* TASK STATEMENT: Examine each line of the data. Copy the line if it includes the word "some".

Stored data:
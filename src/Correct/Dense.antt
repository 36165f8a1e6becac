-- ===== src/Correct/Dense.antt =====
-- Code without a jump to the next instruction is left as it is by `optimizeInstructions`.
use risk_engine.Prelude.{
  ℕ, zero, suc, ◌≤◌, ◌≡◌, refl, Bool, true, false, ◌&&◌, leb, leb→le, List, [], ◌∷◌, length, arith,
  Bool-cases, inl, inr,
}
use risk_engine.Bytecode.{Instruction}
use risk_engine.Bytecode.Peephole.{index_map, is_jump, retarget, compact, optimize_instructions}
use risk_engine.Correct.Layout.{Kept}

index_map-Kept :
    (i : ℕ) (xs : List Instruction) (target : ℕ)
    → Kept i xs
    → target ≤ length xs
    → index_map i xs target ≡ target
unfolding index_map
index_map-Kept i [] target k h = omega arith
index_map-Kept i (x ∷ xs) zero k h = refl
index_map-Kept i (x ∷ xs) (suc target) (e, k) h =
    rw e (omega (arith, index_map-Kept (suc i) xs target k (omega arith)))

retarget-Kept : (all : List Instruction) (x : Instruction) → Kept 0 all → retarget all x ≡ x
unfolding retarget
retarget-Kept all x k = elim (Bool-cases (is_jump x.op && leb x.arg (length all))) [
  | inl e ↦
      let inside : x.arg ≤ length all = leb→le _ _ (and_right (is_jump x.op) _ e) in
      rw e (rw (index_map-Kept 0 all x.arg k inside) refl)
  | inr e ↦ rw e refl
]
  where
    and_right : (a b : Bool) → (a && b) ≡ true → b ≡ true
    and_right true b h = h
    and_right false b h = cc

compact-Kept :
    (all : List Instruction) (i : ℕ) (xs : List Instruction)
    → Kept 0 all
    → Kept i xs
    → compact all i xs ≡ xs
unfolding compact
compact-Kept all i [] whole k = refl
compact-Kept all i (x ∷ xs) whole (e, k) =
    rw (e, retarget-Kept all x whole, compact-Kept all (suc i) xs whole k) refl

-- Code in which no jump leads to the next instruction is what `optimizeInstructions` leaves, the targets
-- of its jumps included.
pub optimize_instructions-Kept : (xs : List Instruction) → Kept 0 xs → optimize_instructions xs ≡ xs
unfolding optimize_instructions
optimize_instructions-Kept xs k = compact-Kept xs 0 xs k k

---

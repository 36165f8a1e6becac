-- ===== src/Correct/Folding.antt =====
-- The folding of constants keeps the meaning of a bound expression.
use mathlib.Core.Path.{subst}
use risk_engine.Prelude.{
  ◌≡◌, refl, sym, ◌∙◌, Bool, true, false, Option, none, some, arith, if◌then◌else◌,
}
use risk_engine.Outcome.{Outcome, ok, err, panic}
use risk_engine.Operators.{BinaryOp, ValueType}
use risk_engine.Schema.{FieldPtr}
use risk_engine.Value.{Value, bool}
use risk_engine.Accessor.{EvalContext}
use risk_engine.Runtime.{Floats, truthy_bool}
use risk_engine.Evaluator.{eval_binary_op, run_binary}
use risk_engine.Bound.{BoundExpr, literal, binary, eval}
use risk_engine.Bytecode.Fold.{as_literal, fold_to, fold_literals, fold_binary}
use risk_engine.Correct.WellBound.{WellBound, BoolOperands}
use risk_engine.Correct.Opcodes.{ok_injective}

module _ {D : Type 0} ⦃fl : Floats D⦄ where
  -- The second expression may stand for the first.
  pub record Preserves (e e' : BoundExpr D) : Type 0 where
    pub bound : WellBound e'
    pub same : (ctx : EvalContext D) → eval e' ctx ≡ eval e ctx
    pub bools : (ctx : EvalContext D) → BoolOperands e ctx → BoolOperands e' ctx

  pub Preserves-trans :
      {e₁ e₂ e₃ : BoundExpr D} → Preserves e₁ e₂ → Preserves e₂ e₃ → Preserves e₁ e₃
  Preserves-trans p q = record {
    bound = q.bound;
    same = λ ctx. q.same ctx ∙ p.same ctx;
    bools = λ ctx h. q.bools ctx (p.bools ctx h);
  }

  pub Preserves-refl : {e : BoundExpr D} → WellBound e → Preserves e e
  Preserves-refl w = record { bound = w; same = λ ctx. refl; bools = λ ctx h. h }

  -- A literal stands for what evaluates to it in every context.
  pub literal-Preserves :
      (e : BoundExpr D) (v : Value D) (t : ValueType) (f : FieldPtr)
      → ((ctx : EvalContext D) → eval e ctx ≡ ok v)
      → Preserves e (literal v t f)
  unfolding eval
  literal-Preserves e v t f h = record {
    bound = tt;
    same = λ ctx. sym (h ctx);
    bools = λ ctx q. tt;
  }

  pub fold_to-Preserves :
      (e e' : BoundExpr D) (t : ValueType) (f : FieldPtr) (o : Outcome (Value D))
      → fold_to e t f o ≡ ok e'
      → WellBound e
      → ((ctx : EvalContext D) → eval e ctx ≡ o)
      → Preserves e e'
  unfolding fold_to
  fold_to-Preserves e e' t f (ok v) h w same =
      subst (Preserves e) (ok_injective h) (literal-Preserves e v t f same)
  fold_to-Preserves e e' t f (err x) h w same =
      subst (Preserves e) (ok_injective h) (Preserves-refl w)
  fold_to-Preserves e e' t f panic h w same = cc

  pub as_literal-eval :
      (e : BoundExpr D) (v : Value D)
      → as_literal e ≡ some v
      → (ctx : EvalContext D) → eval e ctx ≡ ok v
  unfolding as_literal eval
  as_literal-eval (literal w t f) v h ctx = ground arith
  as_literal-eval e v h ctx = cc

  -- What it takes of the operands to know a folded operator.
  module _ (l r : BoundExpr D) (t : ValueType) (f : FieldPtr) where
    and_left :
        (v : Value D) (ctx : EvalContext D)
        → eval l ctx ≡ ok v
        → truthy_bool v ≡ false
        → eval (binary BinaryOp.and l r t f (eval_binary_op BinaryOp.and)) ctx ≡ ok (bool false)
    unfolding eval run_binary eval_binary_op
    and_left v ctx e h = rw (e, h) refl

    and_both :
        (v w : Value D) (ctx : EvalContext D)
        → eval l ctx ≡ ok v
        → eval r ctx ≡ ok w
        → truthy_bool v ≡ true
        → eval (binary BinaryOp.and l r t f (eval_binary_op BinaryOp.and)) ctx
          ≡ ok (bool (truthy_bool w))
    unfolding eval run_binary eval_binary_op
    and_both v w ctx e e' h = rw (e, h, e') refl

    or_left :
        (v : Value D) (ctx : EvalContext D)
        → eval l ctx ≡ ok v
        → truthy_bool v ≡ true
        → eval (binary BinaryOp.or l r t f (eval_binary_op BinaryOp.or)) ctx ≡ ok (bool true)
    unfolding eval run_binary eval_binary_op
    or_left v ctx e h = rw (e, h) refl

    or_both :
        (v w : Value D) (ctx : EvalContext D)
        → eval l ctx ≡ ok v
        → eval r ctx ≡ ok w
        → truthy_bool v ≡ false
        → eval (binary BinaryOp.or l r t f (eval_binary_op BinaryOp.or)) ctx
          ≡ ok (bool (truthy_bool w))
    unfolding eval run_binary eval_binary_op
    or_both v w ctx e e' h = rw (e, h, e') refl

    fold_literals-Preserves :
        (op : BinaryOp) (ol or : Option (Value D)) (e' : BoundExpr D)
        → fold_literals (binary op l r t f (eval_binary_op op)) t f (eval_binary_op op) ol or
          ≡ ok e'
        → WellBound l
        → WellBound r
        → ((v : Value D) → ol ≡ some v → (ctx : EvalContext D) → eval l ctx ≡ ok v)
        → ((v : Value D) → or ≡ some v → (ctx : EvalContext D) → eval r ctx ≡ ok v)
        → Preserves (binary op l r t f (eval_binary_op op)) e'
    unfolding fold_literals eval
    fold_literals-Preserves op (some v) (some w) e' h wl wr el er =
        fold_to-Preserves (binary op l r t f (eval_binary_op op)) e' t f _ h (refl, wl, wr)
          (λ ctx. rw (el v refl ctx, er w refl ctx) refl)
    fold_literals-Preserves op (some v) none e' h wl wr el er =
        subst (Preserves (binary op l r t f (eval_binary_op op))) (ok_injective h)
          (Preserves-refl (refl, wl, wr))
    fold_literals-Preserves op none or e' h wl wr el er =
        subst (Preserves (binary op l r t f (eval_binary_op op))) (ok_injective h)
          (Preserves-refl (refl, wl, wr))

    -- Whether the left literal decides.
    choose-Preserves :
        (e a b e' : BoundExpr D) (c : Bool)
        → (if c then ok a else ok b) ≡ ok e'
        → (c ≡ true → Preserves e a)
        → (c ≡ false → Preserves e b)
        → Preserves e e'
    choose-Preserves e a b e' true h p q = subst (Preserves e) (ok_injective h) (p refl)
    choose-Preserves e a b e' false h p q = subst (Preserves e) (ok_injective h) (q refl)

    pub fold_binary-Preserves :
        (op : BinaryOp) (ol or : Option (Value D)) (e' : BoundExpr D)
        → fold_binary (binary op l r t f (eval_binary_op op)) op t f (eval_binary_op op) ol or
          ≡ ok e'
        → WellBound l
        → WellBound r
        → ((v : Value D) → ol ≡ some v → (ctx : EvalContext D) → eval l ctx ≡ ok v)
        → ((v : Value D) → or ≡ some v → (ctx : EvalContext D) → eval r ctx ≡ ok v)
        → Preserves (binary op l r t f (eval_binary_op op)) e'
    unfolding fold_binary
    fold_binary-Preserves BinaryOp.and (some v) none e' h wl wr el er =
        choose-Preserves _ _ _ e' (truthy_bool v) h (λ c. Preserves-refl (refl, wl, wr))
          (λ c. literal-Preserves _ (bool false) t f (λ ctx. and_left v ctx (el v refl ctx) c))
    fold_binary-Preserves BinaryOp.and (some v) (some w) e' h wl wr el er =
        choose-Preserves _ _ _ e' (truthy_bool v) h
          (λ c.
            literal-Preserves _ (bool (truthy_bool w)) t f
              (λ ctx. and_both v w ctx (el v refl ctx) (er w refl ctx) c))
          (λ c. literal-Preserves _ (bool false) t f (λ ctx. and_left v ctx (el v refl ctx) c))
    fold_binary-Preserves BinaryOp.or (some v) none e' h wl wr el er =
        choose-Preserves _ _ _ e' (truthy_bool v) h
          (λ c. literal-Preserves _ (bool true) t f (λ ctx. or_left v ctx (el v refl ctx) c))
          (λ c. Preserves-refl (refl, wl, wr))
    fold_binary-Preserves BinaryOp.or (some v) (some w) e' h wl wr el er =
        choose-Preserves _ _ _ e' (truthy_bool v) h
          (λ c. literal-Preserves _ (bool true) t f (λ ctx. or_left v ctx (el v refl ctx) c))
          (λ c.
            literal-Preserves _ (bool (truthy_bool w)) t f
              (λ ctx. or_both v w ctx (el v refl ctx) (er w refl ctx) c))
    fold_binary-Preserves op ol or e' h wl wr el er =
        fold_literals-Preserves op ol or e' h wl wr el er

* FINISHED EXERCISE:
  ◌≡◌, refl, sym, ◌∙◌, Bool, true, false, Option, none, some, arith, if◌then◌else◌,
      → as_literal e ≡ some v
        → ((v : Value D) → ol ≡ some v → (ctx : EvalContext D) → eval l ctx ≡ ok v)
        → ((v : Value D) → or ≡ some v → (ctx : EvalContext D) → eval r ctx ≡ ok v)
    fold_literals-Preserves op (some v) (some w) e' h wl wr el er =
    fold_literals-Preserves op (some v) none e' h wl wr el er =
        → ((v : Value D) → ol ≡ some v → (ctx : EvalContext D) → eval l ctx ≡ ok v)
        → ((v : Value D) → or ≡ some v → (ctx : EvalContext D) → eval r ctx ≡ ok v)
    fold_binary-Preserves BinaryOp.and (some v) none e' h wl wr el er =
    fold_binary-Preserves BinaryOp.and (some v) (some w) e' h wl wr el er =
    fold_binary-Preserves BinaryOp.or (some v) none e' h wl wr el er =
    fold_binary-Preserves BinaryOp.or (some v) (some w) e' h wl wr el er =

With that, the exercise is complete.